Some further illumination into this conundrum can be had from the phrase, “I can feel it in my water”. Many people I spoke to when researching my book on light bulb moments testified that they got their ideas when in the shower or when out walking near a river or waterfall.

It is also reported that people who have had transplants of organs like the heart, lung and kidney exhibit personality changes and can even pick up memories from the donor.
It appears that the water in our cells is not just to stop us drying out. The Japanese author Masaru Emoto has done many experiments with water that show its state changes with the mood and emotions of people around it.

Nothing New Under the Sun
For some readers, some of this might sound bonkers and for others, it may nothing new you may have heard bits or all of it elsewhere. Well it appears that much of what we are re-discovering was known and accepted by the ancient Greeks and civilizations that predated them by thousands of years.
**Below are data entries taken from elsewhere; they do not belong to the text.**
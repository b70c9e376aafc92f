-- ===== src/ChatClient/Delivery.antt =====
-- srv/Client.cpp, srv/PersonInRoom.cpp and srv/ChatRoom.cpp: from one client through the room to another.
use vjft.Prelude.{ℕ, ◌+◌, ◌-◌, ◌*◌, ◌/◌, ◌%◌, ◌<◌, ◌≤◌, ◌≡◌, refl, sym, ap, ◌∙◌, List, [], ◌∷◌}
use vjft.Prelude.{◌++◌, true, false, ltb, ◌==◌, some, ok, ◌>>=◌, length}
use vjft.Prelude.{replicate, arith, length-append, length-replicate, take-append_length}
use vjft.Prelude.{drop-append_length, length-take}
use vjft.Crypt.{OpenSsl}
use vjft.Crypt.Working.{IsDigest, IsSigner}
use vjft.ServerCrypt.{resize, len_bytes, cast_uint16, encipher, decipher}
use vjft.ServerCrypt.Working.{IsRsa, SignsWhole}
use vjft.Room
use vjft.Room.{ChatRoom, frame}
use vjft.Room.Streams.{stream}
use vjft.Room.Relay.{IsSetOf, share, read_handler-relays, stream-read, frame_header}
use vjft.ServerCrypt.RoundTrip.{encipher-sized}
use vjft.ChatClient.{Client, a_header, check_sync_marker_from, check_sync_marker_in_queue}
use vjft.ChatClient.{read_body, header_handler, all_zero, sync_marker, sync_marker_size, pack_sync}
use vjft.ChatClient.{show_deciphered, handle_pack, read_handler, pack_all, write_front, write_impl}
use vjft.ChatClient.{min_pack_size, max_pack_size, read_header}

-- A client that has just connected and waits for a header.
pub record IsReady (client : Client) : Type 0 where
  pub header : client.reading ≡ a_header
  pub queue : client.read_queue ≡ []

no_marker : (lo hi : ℕ) → check_sync_marker_in_queue (lo ∷ (hi ∷ [])) ≡ false
unfolding check_sync_marker_in_queue check_sync_marker_from
no_marker lo hi = ground arith

-- The header of a pack of a size that fits starts the read of the body.
header_reads :
    (client : Client) (lo hi : ℕ)
    → client.read_queue ≡ []
    → min_pack_size ≤ lo + 256 * hi
    → lo + 256 * hi ≤ max_pack_size
    → header_handler client (some (lo, hi))
      ≡ read_body
          (record client { read_msg = lo ∷ (hi ∷ []); read_queue = lo ∷ (hi ∷ []) })
          (lo + 256 * hi)
unfolding header_handler
header_reads client lo hi empty enough fits =
    let small : ltb (lo + 256 * hi) min_pack_size ≡ false = ground arith in
    let large : ltb max_pack_size (lo + 256 * hi) ≡ false = ground arith in
    rw (empty, no_marker lo hi, small, large) refl

same_size : (a b : ℕ) → a ≡ b → (a == b) ≡ true
same_size a b e = ground arith

not_less : (a b : ℕ) → b ≤ a → ltb a b ≡ false
not_less a b h = ground arith

module _ {Key : Type 0} (ssl : OpenSsl Key) (private_key : Key) where
  -- A body of the size that was asked for, which ends with the marker, is deciphered.
  read_deciphers :
      (public_key : Key) (client : Client) (pack : List ℕ) (c : ℕ) (text : List ℕ)
      → length client.read_msg ≡ length pack + 32
      → decipher ssl private_key public_key pack ≡ ok (c ∷ text)
      → read_handler ssl private_key (public_key ∷ []) client (some (pack ++ sync_marker))
        ≡ ok (
            read_header (record client {
              read_msg = pack ++ sync_marker;
              timer = false;
              shown = client.shown ++ ((c ∷ text) ∷ []);
            }))
  unfolding read_handler handle_pack show_deciphered resize all_zero
  read_deciphers public_key client pack c text size deciphered =
      let bytes = pack ++ sync_marker in
      let whole : length bytes ≡ length pack + 32 = length-append {A = ℕ} pack sync_marker in
      let asked : (length bytes == length client.read_msg) ≡ true =
        same_size _ _ (whole ∙ sym size) in
      let long : ltb (length bytes) sync_marker_size ≡ false = not_less _ _ (omega arith) in
      let front : length bytes - sync_marker_size ≡ length pack = omega arith in
      rw
        (
          read_handler,
          asked,
          long,
          front,
          drop-append_length pack sync_marker,
          handle_pack,
          take-append_length pack sync_marker,
          show_deciphered,
          deciphered,
          ◌>>=◌,
        )
        refl

  -- A message to one recipient, where no write is in progress.
  writes_frame :
      (public_key : Key) (rand : ℕ → ℕ → ℕ) (client : Client) (msg pack bytes : List ℕ)
      → client.write_msgs ≡ []
      → encipher ssl (rand 0) private_key public_key msg ≡ ok pack
      → pack_sync pack ≡ bytes
      → write_impl ssl private_key rand (public_key ∷ []) client msg
        ≡ ok (record client { write_msgs = bytes ∷ []; writes = client.writes ++ (bytes ∷ []) })
  unfolding write_impl pack_all write_front
  writes_frame public_key rand client msg pack bytes idle sealed framed =
      let packed : pack_all ssl private_key rand (public_key ∷ []) msg ≡ ok (bytes ∷ []) =
        rw (pack_all, sealed, ◌>>=◌) (ap (λ b. ok (b ∷ [])) framed) in
      rw (write_impl, packed, ◌>>=◌, idle, write_front, idle, idle) refl

length-resize : (n : ℕ) (bytes : List ℕ) → length (resize n bytes) ≡ n
unfolding resize
length-resize n bytes = omega (
  arith,
  length-take {A = ℕ} n (bytes ++ replicate n 0),
  length-append {A = ℕ} bytes (replicate n 0),
  length-replicate {A = ℕ} n 0,
)

-- The room passes a frame on as it came: the header is accepted, and the body relayed.
room_relays :
    (room : ChatRoom) (sender p lo hi : ℕ) (body : List ℕ)
    → IsSetOf room.participants
    → lo < 256
    → hi < 256
    → length body ≡ lo + 256 * hi
    → lo + 256 * hi ≤ Room.max_pack_size
    → stream (
        (Room.read_handler
            (Room.header_handler room sender (some (lo, hi)))
            sender
            (some body)).persons
          p)
      ≡ stream (room.persons p) ++ share p room.participants (lo ∷ (hi ∷ body))
unfolding Room.header_handler
room_relays room sender p lo hi body set lo_small hi_small size fits =
    let accepted : ltb Room.max_pack_size (lo + 256 * hi) ≡ false = not_less _ _ fits in
    let reading = Room.read room sender (lo + 256 * hi) true in
    rw accepted (
      read_handler-relays reading sender p body set
      ∙ ap (◌++ share p room.participants (frame body))
          (stream-read room sender (lo + 256 * hi) p true)
      ∙ ap (λ f. stream (room.persons p) ++ share p room.participants f)
          (frame_header lo hi body lo_small hi_small size))

module _ {Key : Type 0} (ssl : OpenSsl Key)
    (alice_private alice_public bob_private bob_public : Key) (digest : IsDigest ssl)
    (signer : IsSigner ssl alice_private alice_public) (whole : SignsWhole ssl alice_private)
    (rsa : IsRsa ssl bob_private bob_public) where
  -- The frame that Alice's client writes, and what Bob's client does with it.
  record IsFrame (rand : ℕ → ℕ → ℕ) (c : ℕ) (text : List ℕ) (lo hi : ℕ) (body : List ℕ)
      : Type 0 where
    lo_small : lo < 256
    hi_small : hi < 256
    size : length body ≡ lo + 256 * hi
    enough : min_pack_size ≤ lo + 256 * hi
    fits : lo + 256 * hi ≤ max_pack_size
    pack : List ℕ
    sealed : encipher ssl (rand 0) alice_private bob_public (c ∷ text) ≡ ok pack
    opened : decipher ssl bob_private alice_public pack ≡ ok (c ∷ text)
    framed : pack_sync pack ≡ lo ∷ (hi ∷ body)
    ends : body ≡ pack ++ sync_marker

  encipher-IsFrame :
      (rand : ℕ → ℕ → ℕ) (c : ℕ) (text : List ℕ)
      → length text < 7103
      → (lo hi : ℕ) × (body : List ℕ) × IsFrame rand c text lo hi body
  unfolding pack_sync len_bytes
  encipher-IsFrame rand c text short =
      let (pack, count, sealed, opened, size, low, high) =
        encipher-sized ssl alice_private alice_public bob_private bob_public digest signer whole rsa
          (rand 0) (c ∷ text) (omega arith) in
      let body = pack ++ sync_marker in
      let n = length body in
      let length_body : n ≡ length pack + 32 = length-append {A = ℕ} pack sync_marker in
      let lo = cast_uint16 n % 256 in
      let hi = cast_uint16 n / 256 % 256 in
      (
        lo,
        hi,
        body,
        record {
          lo_small = omega arith;
          hi_small = omega arith;
          size = omega arith;
          enough = omega arith;
          fits = omega arith;
          pack = pack;
          sealed = sealed;
          opened = opened;
          framed = refl;
          ends = refl;
        },
      )

  -- Where OpenSSL works: a message of 1 to 7103 bytes that Alice's client, with no message queued
  -- and Bob's key as its only recipient, is given goes into one frame that it writes; the room
  -- accepts the header of this frame and gives each participant the same bytes; and of these bytes
  -- Bob's client, which waits for its first header and has Alice's key as its only one, shows the
  -- message and waits for the next header.
  pub write_impl-delivers :
      (rand : ℕ → ℕ → ℕ) (c : ℕ) (text : List ℕ) (alice bob : Client) (room : ChatRoom) (sender : ℕ)
      → length text < 7103
      → alice.write_msgs ≡ []
      → IsReady bob
      → IsSetOf room.participants
      → (lo hi : ℕ) × (body : List ℕ) × (alice' bob' : Client) × (write_impl ssl alice_private rand
            (bob_public ∷ [])
            alice
            (c ∷ text)
          ≡ ok alice')
        × (alice'.writes ≡ alice.writes ++ ((lo ∷ (hi ∷ body)) ∷ []))
        × ((p : ℕ)
            → stream (
                (Room.read_handler
                    (Room.header_handler room sender (some (lo, hi)))
                    sender
                    (some body)).persons
                  p)
              ≡ stream (room.persons p) ++ share p room.participants (lo ∷ (hi ∷ body)))
        × (read_handler ssl bob_private
              (alice_public ∷ [])
              (header_handler bob (some (lo, hi)))
              (some body)
            ≡ ok bob')
        × (bob'.shown ≡ bob.shown ++ ((c ∷ text) ∷ []))
        × (bob'.reading ≡ a_header)
  unfolding read_body
  write_impl-delivers rand c text alice bob room sender short idle ready set =
      let (lo, hi, body, f) = encipher-IsFrame rand c text short in
      let asked =
        read_body (record bob { read_msg = lo ∷ (hi ∷ []); read_queue = lo ∷ (hi ∷ []) })
          (lo + 256 * hi) in
      let body_size : length asked.read_msg ≡ length f.pack + 32 =
        length-resize (lo + 256 * hi) (lo ∷ (hi ∷ []))
        ∙ sym f.size
        ∙ ap length f.ends
        ∙ length-append {A = ℕ} f.pack sync_marker in
      let got =
        read_deciphers ssl bob_private alice_public asked f.pack c text body_size f.opened in
      (
        lo,
        hi,
        body,
        record alice {
          write_msgs = (lo ∷ (hi ∷ body)) ∷ [];
          writes = alice.writes ++ ((lo ∷ (hi ∷ body)) ∷ []);
        },
        read_header (record asked {
          read_msg = f.pack ++ sync_marker;
          timer = false;
          shown = bob.shown ++ ((c ∷ text) ∷ []);
        }),
        writes_frame ssl alice_private bob_public rand alice (c ∷ text) f.pack (lo ∷ (hi ∷ body))
            idle f.sealed f.framed,
        refl,
        λ p. room_relays room sender p lo hi body set f.lo_small f.hi_small f.size f.fits,
        ap (λ client. read_handler ssl bob_private (alice_public ∷ []) client (some body))
              (header_reads bob lo hi ready.queue f.enough f.fits)
            ∙ ap (λ b. read_handler ssl bob_private (alice_public ∷ []) asked (some b)) f.ends
            ∙ got,
        refl,
        refl,
      )
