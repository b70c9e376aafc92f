-- ===== src/ChatClient/Refusals.antt =====
-- srv/Client.cpp: the search for the marker, and what the handlers do where they do not go on.
use vjft.Prelude.{
  ℕ, zero, suc, ◌+◌, ◌*◌, ◌<◌, ◌≤◌, ◌≡◌, ◌↔◌, refl, sym, ap, ◌∙◌, inl, inr, List, [],
}
use vjft.Prelude.{◌∷◌, ◌++◌, true, false, ltb, leb, ◌==◌, some, exit, fault, length, replicate}
use vjft.Prelude.{arith, Bool-cases, ==_iff, append_assoc, subst}
use vjft.Crypt.{OpenSsl}
use vjft.ChatClient.{Client, a_body, check_sync_marker_from, check_sync_marker_in_queue, read_body}
use vjft.ChatClient.{
  recover, header_handler, read_handler, pack_all, write_front, write_impl, sync_marker,
}
use vjft.ChatClient.{min_pack_size, sync_marker_size}

-- The marker stands in the bytes.
pub IsMarked : List ℕ → Type 0
IsMarked queue = (before after : List ℕ) × (queue ≡ before ++ (sync_marker ++ after))

zeros_cons : (k : ℕ) (queue : List ℕ) → replicate k 0 ++ (0 ∷ queue) ≡ replicate (suc k) 0 ++ queue
zeros_cons zero queue = refl
zeros_cons (suc k) queue = ap (0 ∷◌) (zeros_cons k queue)

behind : (xs queue : List ℕ) → IsMarked queue → IsMarked (xs ++ queue)
unfolding IsMarked
behind xs queue (before, after, e) =
    (xs ++ before, after, ap (xs ++◌) e ∙ sym (append_assoc xs before (sync_marker ++ after)))

found-IsMarked :
    (k : ℕ) (queue : List ℕ)
    → k < 32
    → check_sync_marker_from k queue ≡ true
    → IsMarked (replicate k 0 ++ queue)
unfolding check_sync_marker_from IsMarked
found-IsMarked k [] small e = absurd (ground arith)
found-IsMarked k (byte ∷ queue) small e = elim (Bool-cases (byte == 0)) [
  | inr other ↦ subst IsMarked (append_assoc (replicate k 0) (byte ∷ []) queue) (
      behind (replicate k 0 ++ (byte ∷ [])) queue
        (found-IsMarked 0 queue (omega arith) (rw other at e)))
  | inl null ↦
      let same : replicate k 0 ++ (byte ∷ queue) ≡ replicate (suc k) 0 ++ queue =
        ap (λ b. replicate k 0 ++ (b ∷ queue)) ((==_iff byte 0).0 null) ∙ zeros_cons k queue in
      elim (Bool-cases (leb sync_marker_size (suc k))) [
        | inl whole ↦
            let last : suc k ≡ 32 = ground arith in
            ([], queue, same ∙ ap (λ n. replicate n 0 ++ queue) last)
        | inr more ↦
            subst IsMarked (sym same)
              (found-IsMarked (suc k) queue (ground arith) (rw (null, more) at e))
      ]
]

zeros-found :
    (n k : ℕ) (after : List ℕ)
    → k < 32
    → 32 ≤ k + n
    → check_sync_marker_from k (replicate n 0 ++ after) ≡ true
unfolding check_sync_marker_from
zeros-found zero k after small enough = absurd (omega arith)
zeros-found (suc n) k after small enough = elim (Bool-cases (leb sync_marker_size (suc k))) [
  | inl whole ↦ rw whole refl
  | inr more ↦ rw more (zeros-found n (suc k) after (ground arith) (omega arith))
]

marked-found :
    (before after : List ℕ) (k : ℕ)
    → k < 32
    → check_sync_marker_from k (before ++ (sync_marker ++ after)) ≡ true
unfolding check_sync_marker_from
marked-found [] after k small = zeros-found 32 k after small (omega arith)
marked-found (byte ∷ before) after k small = elim (Bool-cases (byte == 0)) [
  | inr other ↦ rw other (marked-found before after 0 (omega arith))
  | inl null ↦ elim (Bool-cases (leb sync_marker_size (suc k))) [
    | inl whole ↦ rw (null, whole) refl
    | inr more ↦ rw (null, more) (marked-found before after (suc k) (ground arith))
  ]
]

-- CheckSyncMarkerInQueue holds of a queue exactly if 32 zero bytes in a row stand in it.
pub check_sync_marker_in_queue_iff :
    (queue : List ℕ) → (check_sync_marker_in_queue queue ≡ true) ↔ IsMarked queue
unfolding check_sync_marker_in_queue IsMarked
check_sync_marker_in_queue_iff queue = (
  λ found. found-IsMarked 0 queue (omega arith) found,
  λ (before, after, e). ap (check_sync_marker_from 0) e ∙ marked-found before after 0 (omega arith),
)

-- Where the header asks for less than 1570 bytes and completes no marker, HeaderHandler closes the
-- socket and yet starts to read the body from it.
pub header_handler_small :
    (client : Client) (lo hi : ℕ)
    → check_sync_marker_in_queue (client.read_queue ++ (lo ∷ (hi ∷ []))) ≡ false
    → lo + 256 * hi < min_pack_size
    → ((header_handler client (some (lo, hi))).connected ≡ false)
      × ((header_handler client (some (lo, hi))).reading ≡ a_body (lo + 256 * hi))
unfolding header_handler read_body recover
header_handler_small client lo hi unmarked small =
    let short : ltb (lo + 256 * hi) min_pack_size ≡ true = ground arith in
    (rw (unmarked, short) refl, rw (unmarked, short) refl)

module _ {Key : Type 0} (ssl : OpenSsl Key) (private_key : Key) where
  -- A body shorter than the marker ends the client by an exception, though Recover was called for it.
  pub read_handler_short :
      (keys : List Key) (client : Client) (bytes : List ℕ)
      → length bytes ≡ length client.read_msg
      → length bytes < sync_marker_size
      → read_handler ssl private_key keys client (some bytes) ≡ exit
  unfolding read_handler
  read_handler_short keys client bytes size short =
      let asked : (length bytes == length client.read_msg) ≡ true = (==_iff _ _).1 size in
      let few : ltb (length bytes) sync_marker_size ≡ true = less (length bytes) short in
      rw (asked, few) refl
    where
      less : (n : ℕ) → n < 32 → ltb n 32 ≡ true
      less n h = ground arith

  -- Without recipients the first message makes WriteImpl read the front of an empty queue.
  pub write_impl_without_recipients :
      (rand : ℕ → ℕ → ℕ) (client : Client) (msg : List ℕ)
      → client.write_msgs ≡ []
      → write_impl ssl private_key rand [] client msg ≡ fault
  unfolding write_impl pack_all write_front
  write_impl_without_recipients rand client msg idle = rw (idle, write_front, idle) refl
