-- ===== src/Utf8/Chars.antt =====
-- The specification of UTF-8 text that term/utf8.c walks: a text is a list of characters, a
-- character the list of its bytes.
use vjft.Prelude.{ℕ, zero, suc, ◌+◌, ◌-◌, ◌≤◌, ◌<◌, ◌≡◌, refl, ap, ◌∙◌, sym, Bool, true, false, not}
use vjft.Prelude.{◌&&◌, List, [], ◌∷◌, ◌++◌, append_assoc, ◌==◌, length, length-append, take, drop}
use vjft.Prelude.{All, arith, ok, take-append-drop, ◌≢◌, some, get_elem?, append-nil}
use vjft.Prelude.{length-take, All-take, take-append_length, drop-append_length, take-add}
use native.Mathlib.Nat.{zero-add, suc-add, add-zero}
use vjft.Utf8.{byte_at, utf8_char_length, is_continuation}

unfoldable pub all_continuation : List ℕ → Bool
all_continuation [] = true
all_continuation (b ∷ r) = is_continuation b && all_continuation r

-- A lead byte and as many continuation bytes as it announces. Like the code, this takes a byte that
-- is no lead of UTF-8 for a character of its own, unless it is a continuation byte or zero.
unfoldable pub is_char : List ℕ → Bool
is_char [] = false
is_char (b ∷ r) =
    not (b == 0)
    && (not (is_continuation b) && (utf8_char_length b == length r + 1 && all_continuation r))

abbrev pub IsChar : List ℕ → Type 0
IsChar c = is_char c ≡ true

-- The bytes of a text.
abbrev pub encode : List (List ℕ) → List ℕ
encode [] = []
encode (c ∷ cs) = c ++ encode cs

pub encode-append : (cs ds : List (List ℕ)) → encode (cs ++ ds) ≡ encode cs ++ encode ds
encode-append [] ds = refl
encode-append (c ∷ cs) ds =
    ap (c ++◌) (encode-append cs ds) ∙ sym (append_assoc c (encode cs) (encode ds))

-- The bytes before and behind the character of index `k`.
pub encode_split :
    (k : ℕ) (cs : List (List ℕ)) → encode (take k cs) ++ encode (drop k cs) ≡ encode cs
encode_split k cs = sym (encode-append (take k cs) (drop k cs)) ∙ ap encode (take-append-drop k cs)

-- What `is_char` tells of a lead byte and of the bytes behind it.
pub char_parts :
    (b : ℕ) (r : List ℕ)
    → IsChar (b ∷ r)
    → (b ≢ 0)
      × (is_continuation b ≡ false)
      × (utf8_char_length b ≡ suc (length r))
      × (all_continuation r ≡ true)
unfolding is_char
char_parts b r h = ground arith

pub byte_at-append : (xs ys : List ℕ) (i : ℕ) → byte_at (xs ++ ys) (length xs + i) ≡ byte_at ys i
unfolding byte_at
byte_at-append [] ys i = rw (zero-add i)
byte_at-append (x ∷ xs) ys i = rw (suc-add (length xs) i) (byte_at-append xs ys i)

pub byte_at-append_here : (xs ys : List ℕ) → byte_at (xs ++ ys) (length xs) ≡ byte_at ys 0
byte_at-append_here xs ys = rw add-zero at (byte_at-append xs ys 0)

pub byte_at_continuation :
    (r post : List ℕ) (j : ℕ)
    → all_continuation r ≡ true
    → j < length r
    → (b : ℕ) × (byte_at (r ++ post) j ≡ ok b) × (is_continuation b ≡ true)
unfolding byte_at all_continuation
byte_at_continuation [] post j h lt = absurd (omega arith)
byte_at_continuation (b ∷ r) post zero h lt = (b, refl, ground arith)
byte_at_continuation (b ∷ r) post (suc j) h lt =
    byte_at_continuation r post j (ground arith) (omega arith)

-- Every character has a byte.
pub length-le-length-encode : (cs : List (List ℕ)) → All IsChar cs → length cs ≤ length (encode cs)
length-le-length-encode [] h = omega arith
length-le-length-encode ([] ∷ cs) (h, hs) = unfold is_char in absurd (ground arith)
length-le-length-encode ((b ∷ c) ∷ cs) (h, hs) =
    omega (arith, length-append {0} c (encode cs), length-le-length-encode cs hs)

-- Where the character of index `k` starts.
abbrev pub offset : ℕ → List (List ℕ) → ℕ
offset k cs = length (encode (take k cs))

-- The character of index `k` in the bytes of the text.
pub record IsCharAt (k : ℕ) (cs : List (List ℕ)) (b : ℕ) (r : List ℕ) : Type 0 where
  pub is_char_here : IsChar (b ∷ r)
  pub found : get_elem? cs k ≡ some (b ∷ r)
  pub bytes : encode cs ≡ encode (take k cs) ++ (b ∷ (r ++ encode (drop (suc k) cs)))
  pub ends : offset (suc k) cs ≡ offset k cs + suc (length r)
  pub follows : drop k cs ≡ (b ∷ r) ∷ drop (suc k) cs

IsCharAt-suc :
    (k : ℕ) (c : List ℕ) (cs : List (List ℕ)) (b : ℕ) (r : List ℕ)
    → IsCharAt k cs b r
    → IsCharAt (suc k) (c ∷ cs) b r
IsCharAt-suc k c cs b r h = record {
  is_char_here = h.is_char_here;
  found = h.found;
  bytes = ap (c ++◌) h.bytes ∙ sym (append_assoc c _ _);
  ends = omega (
    arith,
    h.ends,
    length-append {0} c (encode (take (suc k) cs)),
    length-append {0} c (encode (take k cs)),
  );
  follows = h.follows;
}

pub char_at :
    (k : ℕ) (cs : List (List ℕ))
    → All IsChar cs
    → k < length cs
    → (b : ℕ) × (r : List ℕ) × IsCharAt k cs b r
char_at k [] h lt = absurd (omega arith)
char_at k ([] ∷ cs) (h, hs) lt = unfold is_char in cc
char_at zero ((b ∷ r) ∷ cs) (h, hs) lt = (
  b,
  r,
  record {
    is_char_here = h;
    found = refl;
    bytes = refl;
    ends = rw append-nil (omega arith);
    follows = refl;
  },
)
char_at (suc k) (c ∷ cs) (h, hs) lt =
    let (b, r, at) = char_at k cs hs (omega arith) in (b, r, IsCharAt-suc k c cs b r at)

pub length-take_le : (k : ℕ) (cs : List (List ℕ)) → k ≤ length cs → length (take k cs) ≡ k
length-take_le k cs h = omega (arith, length-take {0} k cs)

pub le-offset : (k : ℕ) (cs : List (List ℕ)) → All IsChar cs → k ≤ length cs → k ≤ offset k cs
le-offset k cs h le =
    omega
      (arith, length-le-length-encode (take k cs) (All-take IsChar k cs h), length-take_le k cs le)

-- The position of a character splits the bytes as its index splits the characters.
pub take-offset : (k : ℕ) (cs : List (List ℕ)) → take (offset k cs) (encode cs) ≡ encode (take k cs)
take-offset k cs =
    ap (take (offset k cs)) (sym (encode_split k cs)) ∙ take-append_length (encode (take k cs)) _

pub drop-offset : (k : ℕ) (cs : List (List ℕ)) → drop (offset k cs) (encode cs) ≡ encode (drop k cs)
drop-offset k cs =
    ap (drop (offset k cs)) (sym (encode_split k cs)) ∙ drop-append_length (encode (take k cs)) _

pub offset-add :
    (j m : ℕ) (cs : List (List ℕ))
    → offset (j + m) cs ≡ offset j cs + length (encode (take m (drop j cs)))
offset-add j m cs = rw (take-add j m cs, encode-append) (length-append (encode (take j cs)) _)

-- The bytes of `m` characters from index `j` on.
pub take-drop-offset :
    (j m : ℕ) (cs : List (List ℕ))
    → take (offset (j + m) cs - offset j cs) (drop (offset j cs) (encode cs))
      ≡ encode (take m (drop j cs))
take-drop-offset j m cs =
    let size : offset (j + m) cs - offset j cs ≡ offset m (drop j cs) =
      omega (arith, offset-add j m cs) in
    rw (size, drop-offset j cs) (take-offset m (drop j cs))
There may be a benefit to those who suspend their belief and accept that some of this might be true, even if it’s not been quite ratified and embraced by the left-brained scientific community. If you accept the notion that thoughts might come from outside our brains from a collective thought pool, we must then ask the question of why we just picked up on a specific thought at a specific time.

After all, if this is all true, there’s a near infinity of thoughts bouncing around in the cracks between our neurons.
If these specific ethereal whispers are filtering through to your conscious awareness, perhaps it’s important that you pay attention to them. What’s more, as they only occur in the space between your thoughts and if you want more of them, it may pay great dividends to attend that meditation or yoga class.